Scheme Exercise (Structure and Interpretation book)

RevertTS · 2006-09-19 23:03:32

I've been working through the Structure and Interpretation of Computer Programs book and have hit a bit of a problem. Since I chose to use this book as part of my curriculum, my teacher doesn't actually know much of anything about Lisp or its varients, so I was hoping to get a bit of help.

The problem is:

Section 1.2 wrote:

Exercise 1.11. A function f is defined by the rule that f(n) = n if n<3> 3. Write a procedure that computes f by means of a recursive process. Write a procedure that computes f by means of an iterative process.

I have no trouble writing a recursive procedure/recursive process, but I am having trouble writing it iteratively; I'm not familiar enough with Lisp to know how to model this, and I don't know how to do it iteratively with three branching sections. I'm assuming it'd require some sort of running total and a number of variables to save the state, and I was thinking about possibly trying to work from the bottom up, but I'm not real sure.

If anyone can help me with an iterative version, it'd be much appreciated; right now I'm just confused.

allucid · 2006-09-19 23:30:59

Use tail recursion. If you have not covered that yet, let me know (or check wikipedia's entries on iteration and tail recurision).

RevertTS · 2006-09-20 02:05:16

I've read over some stuff on tail-recursion, but I'm still struggling with this.
I think I made a bit of progress, though.

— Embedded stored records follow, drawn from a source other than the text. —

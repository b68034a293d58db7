-- ===== src/Common/Dict.antt =====
-- Python's `dict` with string keys, in insertion order: `d[k] = v` keeps the place of a key that
-- is there and appends one that is not.
use Prim.Native.String.{String}
use mathlib.Core.Path.{◌≡◌, refl, ap}
use mathlib.Core.List.{List, [], ◌∷◌, map}
use mathlib.Core.Option.{Option, none, some}
use text.Mathlib.Text.{◌==◌}
use text.Mathlib.TextEquality.{eq_iff}
use native.Mathlib.Omega.{arith}
use text.Mathlib.TextPositions.{eq_refl}
use Prim.Native.Nat.{suc}
use ca_project.Common.Tests.{if◌then◌else◌}
use ca_project.Common.Lists.{length, All}

abbrev pub Dict {ℓ} : Type ℓ → Type ℓ
Dict V = List (String × V)

module _ {ℓ} {V : Type ℓ} where
  -- `d.get(k)`
  unfoldable pub get : String → Dict V → Option V
  get k [] = none
  get k ((j, v) ∷ d) = if j == k then some v else get k d

  -- `d[k] = v`
  unfoldable pub put : String → V → Dict V → Dict V
  put k v [] = (k, v) ∷ []
  put k v ((j, w) ∷ d) = if j == k then (k, v) ∷ d else (j, w) ∷ put k v d

  -- `d.pop(k, None)`; a key stands once in a dict
  unfoldable pub pop : String → Dict V → Dict V
  pop k [] = []
  pop k ((j, w) ∷ d) = let rest = pop k d in if j == k then rest else (j, w) ∷ rest

  -- `d.values()`
  abbrev pub values : Dict V → List V
  values = map (λ e. e.1)

  pub get-put :
      (k j : String) (v : V) (d : Dict V) → get j (put k v d) ≡ (if k == j then some v else get j d)
  unfolding get put
  get-put k j v [] = refl
  get-put k j v ((i, w) ∷ d) = ground (arith, get-put k j v d, eq_iff k j, eq_iff i k, eq_iff i j)

  pub get-pop : (k j : String) (d : Dict V) → get j (pop k d) ≡ (if k == j then none else get j d)
  unfolding get pop
  get-pop k j [] = ground arith
  get-pop k j ((i, w) ∷ d) = ground (arith, get-pop k j d, eq_iff k j, eq_iff i k, eq_iff i j)

  -- No key stands twice.
  abbrev pub IsDistinct : Dict V → Type ℓ
  IsDistinct [] = Unit
  IsDistinct ((k, v) ∷ d) = (get k d ≡ none) × IsDistinct d

  pub put-IsDistinct : (k : String) (v : V) (d : Dict V) → IsDistinct d → IsDistinct (put k v d)
  unfolding get put
  put-IsDistinct k v [] h = (refl, tt)
  put-IsDistinct k v ((j, w) ∷ d) h =
      ground (arith, eq_iff j k, eq_iff k j, get-put k j v d, put-IsDistinct k v d)

  pub pop-IsDistinct : (k : String) (d : Dict V) → IsDistinct d → IsDistinct (pop k d)
  unfolding pop
  pop-IsDistinct k [] h = tt
  pop-IsDistinct k ((j, w) ∷ d) h =
      ground (arith, eq_iff j k, eq_iff k j, get-pop k j d, pop-IsDistinct k d)

  -- Every entry satisfies `P`.
  abbrev pub AllEntries {κ} : (String → V → Type κ) → Dict V → Type κ
  AllEntries P [] = Unit
  AllEntries P ((k, v) ∷ d) = P k v × AllEntries P d

pub length-values {ℓ} : {V : Type ℓ} (d : Dict V) → length (values d) ≡ length d
length-values [] = refl
length-values (e ∷ d) = ap suc (length-values d)

-- What holds of `f` at each key holds along the dict.
pub map-keys {ℓ κ} :
    {V : Type ℓ} {B : Type κ} (f : String → B) (g : V → B) (d : Dict V)
    → IsDistinct d
    → ((k : String) (v : V) → get k d ≡ some v → f k ≡ g v)
    → map (λ e. f e.0) d ≡ map g (values d)
unfolding get
map-keys f g [] distinct h = refl
map-keys f g ((j, v) ∷ d) distinct h = rw (
  h j v (rw eq_refl),
  map-keys f g d distinct.1 (λ k w found. h k w (ground (arith, eq_iff j k, found, distinct.0))),
)

-- What holds at each key holds of all entries.
pub All-keys {ℓ κ} :
    {V : Type ℓ} (P : String → Type κ) (d : Dict V)
    → IsDistinct d
    → ((k : String) (v : V) → get k d ≡ some v → P k)
    → All (λ e. P e.0) d
unfolding get
All-keys P [] distinct h = tt
All-keys P ((j, v) ∷ d) distinct h = (
  h j v (rw eq_refl),
  All-keys P d distinct.1 (λ k w found. h k w (ground (arith, eq_iff j k, found, distinct.0))),
)
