-- ===== src/Common/Text.antt =====
-- Texts of ASCII characters, as lists of their codes, and the pieces of the patterns that the program
-- matches them with. No pattern of it has a repetition that the piece after it could begin in, so none
-- ever gives a character back.
use Prim.Native.Nat.{ℕ, ◌+◌, ◌-◌, ◌*◌}
use Prim.Native.String.{String}
use Prim.Native.String as Str
use Prim.Native.Char.{code}
use mathlib.Core.Path.{◌≡◌, refl}
use mathlib.Core.List.{List, [], ◌∷◌, ◌++◌}
use mathlib.Core.Option.{Option, none, some}
use mathlib.Core.Bool.{Bool, true, false, not, ◌&&◌, ◌||◌}
use ca_project.Common.Tests.{leb, ◌==◌, if◌then◌else◌}
use ca_project.Common.Lists.{length, All}

abbrev pub codes : String → List ℕ
codes Str.[] = []
codes (Str.◌∷◌ c cs) = code c ∷ codes cs

abbrev pub is_digit : ℕ → Bool
is_digit c = leb 48 c && leb c 57

abbrev pub is_space : ℕ → Bool
is_space c = (leb 9 c && leb c 13) || (leb 28 c && leb c 32)

-- the longest prefix whose characters pass the test, and the rest
unfoldable pub span : (ℕ → Bool) → List ℕ → List ℕ × List ℕ
span test [] = ([], [])
span test (c ∷ cs) =
    let rest = span test cs in if test c then (c ∷ rest.0, rest.1) else ([], c ∷ cs)

-- `(?:\.\d+)?`
unfoldable pub fraction : List ℕ → List ℕ × List ℕ
fraction [] = ([], [])
fraction (c ∷ cs) =
    let digits = span is_digit cs in
    if c == 46 && not (length digits.0 == 0) then digits else ([], c ∷ cs)

unfoldable pub value : ℕ → List ℕ → ℕ
value acc [] = acc
value acc (c ∷ cs) = value (acc * 10 + (c - 48)) cs

abbrev pub same : List ℕ → List ℕ → Bool
same [] [] = true
same [] (d ∷ ds) = false
same (c ∷ cs) [] = false
same (c ∷ cs) (d ∷ ds) = c == d && same cs ds

-- the rest of a text that starts with another
abbrev pub strip : List ℕ → List ℕ → Option (List ℕ)
strip [] text = some text
strip (p ∷ ps) [] = none
strip (p ∷ ps) (c ∷ cs) = let rest = strip ps cs in if p == c then rest else none

module _ {ℓ} {A : Type ℓ} where
  -- a literal, then the rest of the pattern
  abbrev pub after : List ℕ → (List ℕ → Option A) → List ℕ → Option A
  after p next text = elim (strip p text) [ none ↦ none | some rest ↦ next rest ]

  -- `([...]+)`, then the rest of the pattern
  abbrev pub some_of : (ℕ → Bool) → (List ℕ → List ℕ → Option A) → List ℕ → Option A
  some_of test next text =
      let found = span test text in if length found.0 == 0 then none else next found.0 found.1

  -- `(\d+(?:\.\d+)?)`, then the rest of the pattern; the group as digits and decimal places
  abbrev pub number : (List ℕ → ℕ → List ℕ → Option A) → List ℕ → Option A
  number next text =
      let whole = span is_digit text in
      let part = fraction whole.1 in
      if length whole.0 == 0 then none else next (whole.0 ++ part.0) (length part.0) part.1

  -- `re.search`: the first place at which a pattern matches; it is given the character before.
  abbrev pub search : (Option ℕ → List ℕ → Option A) → Option ℕ → List ℕ → Option A
  search pattern before [] = pattern before []
  search pattern before (c ∷ cs) =
      let later = search pattern (some c) cs in
      elim (pattern before (c ∷ cs)) [ none ↦ later | some found ↦ some found ]

-- The text is empty or starts with a character that fails the test.
abbrev pub Stops : (ℕ → Bool) → List ℕ → Type 0
Stops test [] = Unit
Stops test (c ∷ cs) = test c ≡ false

pub span-stop : (test : ℕ → Bool) (xs : List ℕ) → Stops test xs → span test xs ≡ ([], xs)
unfolding span
span-stop test [] h = refl
span-stop test (c ∷ cs) h = rw h refl

pub span-append :
    (test : ℕ → Bool) (xs ys : List ℕ)
    → All (λ c. test c ≡ true) xs
    → Stops test ys
    → span test (xs ++ ys) ≡ (xs, ys)
unfolding span
span-append test [] ys h stop = span-stop test ys stop
span-append test (c ∷ cs) ys h stop = rw (h.0, span-append test cs ys h.1 stop) refl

JulesJacobs · 2006-09-20 18:15:32

Let's write down some examples of this function:

f(0) = 0
f(1) = 1
f(2) = 2
f(3) = f(2) + 2*f(1) + 3*f(0)
f(4) = f(3) + 2*f(2) + 3*f(1)
f(5) = f(4) + 2*f(3) + 3*f(2)

If you compute the value of f(5) recursively you do it like this:

f(5) = f(4) + 2*f(3) + 3*f(2)
f(4) = f(3) + 2*f(2) + 3*f(1)
f(3) = f(2) + 2*f(1) + 3*f(0)
f(2) = 2
f(1) = 1
f(0) = 0
f(3) = 2 + 2*1 + 3*0
...

If you do this iteratively you do it the other way around:

f(0) = 0
f(1) = 1
f(2) = 2
f(3) = f(2) + 2*f(1) + 3*f(0)
f(4) = f(3) + 2*f(2) + 3*f(1)
f(5) = f(4) + 2*f(3) + 3*f(2)

The last three lines have the same structure:

f(n) = previous + 2*before-previous + 3*before-before-previous

If you want to compute f(n) you only need the 3 previous values at any time. To compute f(3) you need f(2), f(1) and f(0). Let's give these short names:

previous = a
before-previous = b
before-before-previous = c

If you want to compute f(3):

a = f(2) = 2
b = f(1) = 1
c = f(0) = 0

Now we compute f(4):

a = f(3) = ?
b = f(2) = 2
c = f(1) = 1

For b and c it's easy to define them in terms of previous values a, b and c:

b = previous-a
c = previous-b

Verify that this is correct.

a is a little tickier because we need the original formula:

a = previous-a + 2*previous-b + 3*previous-c

So this is what we have now:

a = previous-a + 2*previous-b + 3*previous-c
b = previous-a
c = previous-b

Let's rewrite that with arrow notation:

a -> a + 2*b + 3*c
b -> a
c -> b

These arrows mean that you compute them in parallel; the a in b -> a is still the previous a, and not the new a generated by a -> a + 2*b + c.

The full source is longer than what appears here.